* **WORK TO COMPLETE**
Repeat verbatim, and only, the lines of the data below, beginning at the line that contains "(refl, λ environment. ap" and stopping after the line that contains "abbrev pub shuffling : Handler Shuffled".

* **INFORMATION**
-- ===== src/Tests/Shuffling.antt =====
-- A store of features whose BSON has the environments in another order at every second marshalling.
use mathlib.Core.Option
use mathlib.Core.Option.{some-injective}
use k8sgrowthbook_controller.Prelude.{Bool, true, false, not, ◌≡◌, refl, ap, [], ◌∷◌}
use k8sgrowthbook_controller.Prelude.{Option, none, some, GoString, text_eq}
use k8sgrowthbook_controller.Prelude.Dict.{Dict, lookup, insert, lookup-insert}
use k8sgrowthbook_controller.Documents.Feature.{Feature, EnvironmentSetting}
use k8sgrowthbook_controller.Effects.{ok, marshal, feature_document, Collection}
use k8sgrowthbook_controller.Effects.Runs.{Handler}
use k8sgrowthbook_controller.Growthbook.Feature.{entries}
use k8sgrowthbook_controller.Refinement.FeatureShelf.{IsFeatureShelf, Alike}
use k8sgrowthbook_controller.Tests.Encodings.{feature_codec}
use k8sgrowthbook_controller.Tests.Memory.{
  feature_memory, feature_memory-IsFeatureShelf, read_back, decode-encode, encode_by, refused,
}

-- The entries from the last to the first.
unfoldable pub shuffled : Dict EnvironmentSetting → Dict EnvironmentSetting
shuffled [] = []
shuffled ((k, v) ∷ m) = insert k v (shuffled m)

lookup-shuffled : (j : GoString) (m : Dict EnvironmentSetting) → lookup j (shuffled m) ≡ lookup j m
unfolding shuffled lookup
lookup-shuffled j [] = refl
lookup-shuffled j ((k, v) ∷ m) = rw (lookup-insert j k v (shuffled m), lookup-shuffled j m) refl

abbrev turned : Bool → Feature → Feature
turned true f = record f { environment_settings = Option.map shuffled f.environment_settings }
turned false f = f

lookup-turned :
    (j : GoString) (o : Option (Dict EnvironmentSetting))
    → lookup j (entries o) ≡ lookup j (entries (Option.map shuffled o))
lookup-turned j none = refl
lookup-turned j (some m) = rw (lookup-shuffled j m) refl

turned-Alike : (b : Bool) (f : Feature) → Alike f (turned b f)
turned-Alike true f =
    (refl, λ environment. ap (Option.map _) (lookup-turned environment f.environment_settings))
turned-Alike false f = (refl, λ environment. refl)

abbrev pub Shuffled : Type 0
Shuffled = Dict Feature × Bool

abbrev pub shuffling : Handler Shuffled
shuffling (marshal (feature_document f)) (m, b) =
    (ok (encode_by feature_codec (turned b f)), (m, not b))
shuffling c (m, b) = let (r, n) = feature_memory c m in (r, (n, b))

abbrev pub shuffled_of : GoString → Shuffled → Option Feature
shuffled_of id (m, b) = lookup id m

pub shuffling-IsFeatureShelf :
    (col : Collection) → IsFeatureShelf shuffling col refused read_back shuffled_of
shuffling-IsFeatureShelf col =
    let base = feature_memory-IsFeatureShelf col in
    record {
      misses = λ id s q. ap (λ p. (p.0, (p.1, s.1))) (base.misses id s.0 q);
      finds = λ id e s q.
          let (b, found, reads) = base.finds id e s.0 q in
          (b, ap (λ p. (p.0, (p.1, s.1))) found, reads);
      decodes = λ b a s q. ap (λ p. (p.0, (p.1, s.1))) (base.decodes b a s.0 q);
      marshals = λ a s. (
        encode_by feature_codec (turned s.1 a),
        turned s.1 a,
        refl,
        ap some (decode-encode feature_codec (turned s.1 a)),
        turned-Alike s.1 a,
      );
      marshalled = λ id a s. refl;
      inserts = λ a s q. base.inserts a s.0 q;
      updates = λ id b v e s q own p. base.updates id b v e s.0 q own p;
      ticks = λ id s. refl;
      erasable = record {
        deletes = λ id s. base.erasable.deletes id s.0;
        deleted = λ id j s. base.erasable.deleted id j s.0;
      };
    }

* **ANSWER TO THE PROBLEM**
    (refl, λ environment. ap (Option.map _) (lookup-turned environment f.environment_settings))
turned-Alike false f = (refl, λ environment. refl)

abbrev pub Shuffled : Type 0
Shuffled = Dict Feature × Bool

abbrev pub shuffling : Handler Shuffled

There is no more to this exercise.